At $t_3/T=0.30$ (figure 10c), the LEV detaches further from the wing surface. For the unswept wing, the LEV colour becomes even lighter. Comparing the temporal evolution of the LEV colour for the unswept wing, we see that the LEV generates progressivelylower positive moments, agreeing well with the decreasing moment measurement shown in figure 8(a). The LEV continues to generate positive moments near the root region and negative moments near the tip region for the $\varLambda =10^\circ$ swept wing, although it is largely aligned with the pivot axis (see also the side view of figure 8f). This is again a result of the non-conventional funnel-shaped $\phi$ field near the wing root and the teardrop-like $\phi$ field near the wing tip (figures 9b,e). This trend persists for the $\varLambda =20^\circ$ wing. However, the LEV generates more positive moments due to its shorter distance from the leading edge and the wing surface near the wing root.

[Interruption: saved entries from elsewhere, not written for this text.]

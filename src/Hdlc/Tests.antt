-- ===== src/Hdlc/Tests.antt =====
-- HDLC at concrete inputs: addresses, negotiations and frames.
use cosemlib.Base.{
  ℕ, zero, suc, ◌%◌, ◌<◌, ◌≡◌, ◌↔◌, refl, inr, List, [], ◌∷◌, ◌++◌, none, some, arith, replicate,
  get_elem?, get_or, ret,
}
use cosemlib.Base.Lists.{slice}
use cosemlib.Hdlc.{Hdlc, Code, Packet, Sender}
use cosemlib.Hdlc.Fcs.{fcstab, crc_bits, fcstab-crc_bits, check_fcs}
use cosemlib.Hdlc.Address.{get_addr, set_addr, get_addr-set_addr}
use cosemlib.Hdlc.Control.{decode_control_field}
use cosemlib.Hdlc.Info.{decode_info_field, running, NoOption, decode_info_field_diverges}
use cosemlib.Hdlc.Encode.{encode, encode_data, encode_rr, encode_snrm, snrm_nego}
use cosemlib.Hdlc.Frame.{frame}
use cosemlib.Hdlc.Written.{encode-frame}
use cosemlib.Hdlc.Long.{decode-encode_long}
use cosemlib.Hdlc.Delivery.{Delivered, decode-encode}
use cosemlib.Hdlc.Decode.{decode, decode_tail, decode_control, decode_addresses}
use cosemlib.Hdlc.Framing.{WellFramed, decode-WellFramed}

-- The link after `hdlc_init`, on the side of the server, and one that has received an SNRM frame.
abbrev link : Hdlc
link = record {
  data_index = 0;
  data_size = 0;
  logical_device = 0;
  phy_address = 0;
  client_addr = 0;
  frame_size = 0;
  max_info_field_tx = 128;
  max_info_field_rx = 128;
  window_tx = 1;
  window_rx = 1;
  addr_len = 4;
  segmentation = 0;
  rrr = 0;
  sss = 0;
  type = Packet.bad;
  poll_final = 0;
  cmd_resp = 0;
  sender = Sender.client;
}

abbrev negotiating : Hdlc
negotiating = record link { type = Packet.snrm }

fcstab-crc_bits_example : get_or fcstab 3 0 ≡ crc_bits 8 3
fcstab-crc_bits_example = fcstab-crc_bits 3 (ground arith)

-- A negotiation without an option, in a memory of zeros.
abbrev no_options : List ℕ
no_options = 0x81 ∷ 0x80 ∷ 18 ∷ replicate 253 0

get_elem?-replicate : (n i x : ℕ) {b : ℕ} → get_elem? (replicate n x) i ≡ some b → b ≡ x
get_elem?-replicate zero i x e = cc
get_elem?-replicate (suc n) zero x e = ground arith
get_elem?-replicate (suc n) (suc i) x e = get_elem?-replicate n i x e

no_options-NoOption : NoOption no_options
no_options-NoOption zero b odd e = ground arith
no_options-NoOption (suc zero) b odd e = ground arith
no_options-NoOption (suc (suc zero)) b odd e = ground arith
no_options-NoOption (suc (suc (suc i))) b odd e = let z = get_elem?-replicate 253 i 0 e in rw z refl

decode_info_field_diverges_example :
    decode_info_field 1000 no_options 21 negotiating ≡ ret running negotiating
decode_info_field_diverges_example =
    decode_info_field_diverges 1000 no_options 18 negotiating refl (ground arith) refl refl refl
      no_options-NoOption

-- An SNRM frame with addresses of one byte.
abbrev snrm_frame : List ℕ
snrm_frame = 0x7E ∷ 0xA0 ∷ 7 ∷ 3 ∷ 0x21 ∷ 0x93 ∷ 0x0F ∷ 1 ∷ 0x7E ∷ []

abbrev after_snrm : Hdlc
after_snrm = record link {
  logical_device = 1;
  client_addr = 16;
  frame_size = 9;
  addr_len = 1;
  type = Packet.snrm;
  poll_final = 1;
  rrr = 4;
  sss = 1;
}

accepted : decode snrm_frame 9 link ≡ ret Code.ok after_snrm
unfolding decode check_fcs slice decode_addresses decode_control decode_control_field decode_tail
accepted = refl

decode-WellFramed_example : WellFramed snrm_frame 9
decode-WellFramed_example = decode-WellFramed snrm_frame 9 link accepted

get_addr-set_addr_example :
    ((bs : List ℕ) × (set_addr 1 65 0 ≡ some bs)
      × ((get_addr (bs ++ []) 0 1 link ≡ ret (some (65, none)) link) ↔ (65 < 128)))
    × ((bs : List ℕ) × (set_addr 2 65 17 ≡ some bs)
        × ((get_addr (bs ++ []) 0 2 link ≡ ret (some (65, some 17)) link)
            ↔ ((65 < 64) × (17 < 128))))
    × ((bs : List ℕ) × (set_addr 4 65 17 ≡ some bs)
        × ((get_addr (bs ++ []) 0 4 link ≡ ret (some (65, some 17)) link)
            ↔ ((65 < 16384) × (65 % 256 < 64) × (17 < 16384) × (17 % 256 < 128))))
get_addr-set_addr_example = get_addr-set_addr 65 17 [] link

-- A client of number 16 that talks to the logical device 1 at the physical address 17.
abbrev client_link : Hdlc
client_link = record link {
  logical_device = 1;
  phy_address = 17;
  client_addr = 16;
  rrr = 2;
  sss = 3;
}

abbrev llc_header : List ℕ
llc_header = 0xE6 ∷ 0xE6 ∷ 0 ∷ []

encode-frame_example :
    encode client_link 40 0x56 llc_header (replicate 40 0)
    ≡ ret (some 17) (frame client_link 0x56 llc_header ++ replicate 23 0)
unfolding set_addr
encode-frame_example =
    encode-frame client_link 40 0x56 llc_header (replicate 40 0) (inr (inr refl)) (omega arith)
      (omega arith)

decode-encode_example :
    Delivered client_link link Packet.info 2 3 llc_header
      ((encode_data client_link 40 llc_header).1 (replicate 40 0))
    × Delivered client_link link Packet.rr 2 0 [] ((encode_rr client_link 40).1 (replicate 40 0))
    × Delivered client_link link Packet.snrm 4 1 snrm_nego
        ((encode_snrm client_link 40).1 (replicate 40 0))
unfolding set_addr
decode-encode_example =
    decode-encode client_link link llc_header (replicate 40 0) 40
      (inr (inr (refl, ground arith, ground arith, ground arith, ground arith))) (ground arith)
      (ground arith) (ground arith) refl (ground arith) (ground arith) (ground arith) (ground arith)
      (ground arith)

abbrev long_field : List ℕ
long_field = replicate 300 7

-- A frame of 312 bytes between its flags.
decode-encode_long_example :
    (out : List ℕ) × (encode client_link 400 0x56 long_field (replicate 400 0) ≡ ret (some 314) out)
    × (decode out 314 link
        ≡ ret Code.err_size (record link { segmentation = 0; frame_size = 2106 }))
unfolding set_addr
decode-encode_long_example =
    decode-encode_long client_link link 0x56 400 long_field (replicate 400 0) (inr (inr refl))
      (ground arith) (ground arith) (ground arith) (ground arith)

Moreover, the size of the LEV iso-$Q$ surface also becomes larger for the $\varLambda =20^\circ$ wing as compared to the previous time steps, indicating a stronger LEV and thus a higher aerodynamic moment, which explains why the $C_M$ of $\varLambda =20^\circ$ peaks at approximately $t_3/T$ in figure 8(a). This is also reflected in the spanwise moment plot in figure 10(f), where the LEV generates more positive moments for the $\varLambda =20^\circ$ wing than the $\varLambda =10^\circ$ wing. The TV again behaves similarly to the previous time steps for all three wings, although it becomes less coherent and detaches from the wing surface.

It is worth noting that the integral of $-2Q\phi$ over the $(x,y)$-plane (i.e. figures 10d–f) also includes contributions from other vortical structures. In figures 10(a–c), we can see that there are four main structures on each wing: the LEV, the TV, the trailing-edge vortex, and the vortex tube on the aft wing surface. Figure 9 shows that the amplitude of the influence field $\phi$ is zero near the trailing edge due to symmetry. This means that the contribution to the moment by the trailing-edge vortex is negligible, because $-2Q\phi$ approaches zero in this region and makes no contribution to the integrand. The aft wing vortex tube is small in size compared to the LEV and TV. In addition, it is not as coherent, because it breaks down at $t_2/T=0.22$. Therefore, we would expect its contribution to the integral to be small as well.

In summary, the FMPM enables us to associate the complex three-dimensional vortex dynamics with the corresponding vorticity-induced moments, and explains quantitatively the mechanisms behind the observed differences in the unsteady moment generation, which further drives the pitching motion of these swept wings. These insightful analyses would not have been possible without the FMPM.